=== Brief ===
Line by line, output the entries below exactly as they appear.

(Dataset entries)
_ _ _
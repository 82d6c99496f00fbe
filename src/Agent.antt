-- ===== src/Agent.antt =====
-- The agent's side: agent/internal/agent.
pub mod Registry
pub mod Flavours
pub mod Scan
pub mod Ready
pub mod Upgrade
_ _ _
=== Task solution ===
repository 82d6c99496f00fbe
filename src/Agent.antt
-- ===== src/Agent.antt =====
-- The agent's side: agent/internal/agent.
pub mod Registry
pub mod Flavours
pub mod Scan
pub mod Ready
pub mod Upgrade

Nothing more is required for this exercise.